Provided records
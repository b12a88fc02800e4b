-- ===== src/Tests/Data.antt =====
-- Tables, callers and instants that the examples run on.
use xbus.Base.{ℕ, true, false, [], ◌∷◌, none, some}
use xbus.Protocol.States.{DeliveryState}
use xbus.Identity.Components.{hook, mcp}
use xbus.Broker.Readiness.{ready_checkpoint}
use xbus.Broker.Retry.{default_backoff}
use xbus.Broker.Db.{
  Db, Message, request, Delivery, Session, NameState, CheckpointId, from_caller, SessionAuthority,
  Env, completed,
}
use xbus.Broker.Reaper.AckTimeouts.{ReaperEnv}
use xbus.Broker.Delivery.Ack.{AckInput, accept, reject}
use xbus.Broker.Delivery.Reply.{ReplyInput}

abbrev pub env : Env
env = record {
  now = 5000;
  ack_deadline_ms = 600000;
  receipt_ttl_ms = 900000;
  require_receipt = true;
}

abbrev pub later : Env
later = record env { now = 6000 }

abbrev pub hook_auth : SessionAuthority
hook_auth = record {
  session_id = 7;
  instance_id = 70;
  component_instance_id = 71;
  role = hook;
  epoch = 2;
  fencing_token = 1;
}

abbrev pub mcp_auth : SessionAuthority
mcp_auth = record hook_auth { role = mcp; component_instance_id = 72 }

abbrev pub session : ℕ → Session
session id = record {
  session_id = id;
  automatic_alias = "session-0";
  project_alias = none;
  active_epoch = 2;
  readiness = ready_checkpoint;
  last_meaningful_activity_at = 1000;
  expires_at = none;
  expired_at = none;
  expiration_reason = none;
  session_name_state = NameState.unnamed;
  session_name = none;
  normalized_session_name = none;
  logical_identity_id = some id;
  pending_name_expires_at = none;
  updated_at = 1000;
}

-- A request from session 3 to session 7.
abbrev pub message : ℕ → Message
message id = record {
  message_id = id;
  sender_session_id = 3;
  sender_alias = "asker";
  recipient_session_id = 7;
  recipient_alias = "helper";
  kind = request;
  correlation_id = 20;
  causation_id = none;
  recipient_sequence = id;
  idempotency_key = none;
  body_text = "please";
  requires_ack = true;
  requires_reply = true;
  created_at = 1000;
  expires_at = none;
  thread_id = none;
  thread_sequence = 1;
}

abbrev pub delivery : ℕ → DeliveryState → Delivery
delivery id s = record {
  delivery_id = id;
  message_id = id;
  recipient_session_id = 7;
  state = s;
  target_instance_id = none;
  target_generation = none;
  fencing_token = none;
  attempt = 0;
  attempt_transport = 0;
  attempt_injection = 0;
  attempt_ack_timeout = 0;
  attempt_reply = 0;
  rejected_reason = none;
  failure_category = none;
  lease_acquired_at = none;
  lease_expires_at = none;
  transport_written_at = none;
  application_accepted_at = none;
  application_completed_at = none;
  next_attempt_at = none;
  created_at = 1000;
  updated_at = 1000;
}

-- Two requests are queued for session 7.
abbrev pub queued_db : Db
queued_db = record {
  sessions = session 7 ∷ session 3 ∷ [];
  session_controls = [];
  blocked_peers = [];
  messages = message 10 ∷ message 11 ∷ [];
  deliveries = delivery 10 DeliveryState.queued ∷ delivery 11 DeliveryState.retry_wait ∷ [];
  injections = [];
  receipts = [];
  audit_events = [];
  transport_write_log = [];
  threads = [];
  thread_participants = [];
  recipient_sequences = [];
  delivery_leases = [];
  component_instances = [];
  aliases = [];
  physical_session_map = [];
  schedule_runs = [];
  next_id = 100;
}

-- The first of them has been written, and is recorded as injected.
abbrev pub written_db : Db
written_db = record queued_db {
  deliveries =
      record (delivery 10 DeliveryState.transport_written) { lease_expires_at = some 4000 }
      ∷ delivery 11 DeliveryState.retry_wait
      ∷ [];
  injections =
      record {
        injection_id = 50;
        message_id = 10;
        recipient_session_id = 7;
        recipient_epoch = 2;
        checkpoint_id = from_caller 1;
        injected_by_component_id = 71;
        injected_at = 4000;
        expires_at = 9000;
        logical_injection_number = 1;
        consumed_at = none;
        consumed_op = none;
      }
      ∷ record {
        injection_id = 51;
        message_id = 11;
        recipient_session_id = 7;
        recipient_epoch = 2;
        checkpoint_id = from_caller 2;
        injected_by_component_id = 71;
        injected_at = 4000;
        expires_at = 9000;
        logical_injection_number = 1;
        consumed_at = none;
        consumed_op = none;
      }
      ∷ [];
}

abbrev pub checkpoint : CheckpointId
checkpoint = from_caller 1

abbrev pub acceptance : AckInput
acceptance = record { message_id = 10; status = accept; note = none; injection_id = none }

abbrev pub rejection : AckInput
rejection = record acceptance { status = reject }

-- Of the message that waits for a retry.
abbrev pub unwritten : AckInput
unwritten = record acceptance { message_id = 11 }

abbrev pub answer : ReplyInput
answer = record {
  message_id = 10;
  text = "done";
  outcome = completed;
  idempotency_key = some 9;
  injection_id = none;
}

abbrev pub reaper : ReaperEnv
reaper = record {
  now = 5000;
  backoff = default_backoff;
  per_session_cap = 256;
  schedule_run_retention_ms = 1000;
  rng = λ _. record { num = 1; den = 1 };
}

-- One request has been written and its acknowledgement is overdue; the other needs none.
abbrev pub overdue_db : Db
overdue_db = record queued_db {
  messages = message 10 ∷ record (message 11) { requires_ack = false } ∷ [];
  deliveries =
      record (delivery 10 DeliveryState.transport_written) { lease_expires_at = some 4000 }
      ∷ record (delivery 11 DeliveryState.transport_written) { lease_expires_at = some 4000 }
      ∷ [];
}

-- Session 7 has been idle for too long.
abbrev pub idle_db : Db
idle_db = record overdue_db {
  sessions = record (session 7) { expires_at = some 4500 } ∷ session 3 ∷ [];
}

abbrev pub dead_db : Db
dead_db = record queued_db {
  deliveries =
      record (delivery 10 DeliveryState.dead_letter) { attempt_ack_timeout = 6 }
      ∷ delivery 11 DeliveryState.retry_wait
      ∷ [];
}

Your task
Quote exactly the stretch of lines above that starts at the first one and ends at the line with "abbrev pub later : Env", and nothing beyond it.

Solution to the problem
repository b12a88fc02800e4b
-- ===== src/Tests/Data.antt =====
-- Tables, callers and instants that the examples run on.
use xbus.Base.{ℕ, true, false, [], ◌∷◌, none, some}
use xbus.Protocol.States.{DeliveryState}
use xbus.Identity.Components.{hook, mcp}
use xbus.Broker.Readiness.{ready_checkpoint}
use xbus.Broker.Retry.{default_backoff}
use xbus.Broker.Db.{
  Db, Message, request, Delivery, Session, NameState, CheckpointId, from_caller, SessionAuthority,
  Env, completed,
}
use xbus.Broker.Reaper.AckTimeouts.{ReaperEnv}
use xbus.Broker.Delivery.Ack.{AckInput, accept, reject}
use xbus.Broker.Delivery.Reply.{ReplyInput}

abbrev pub env : Env
env = record {
  now = 5000;
  ack_deadline_ms = 600000;
  receipt_ttl_ms = 900000;
  require_receipt = true;
}

abbrev pub later : Env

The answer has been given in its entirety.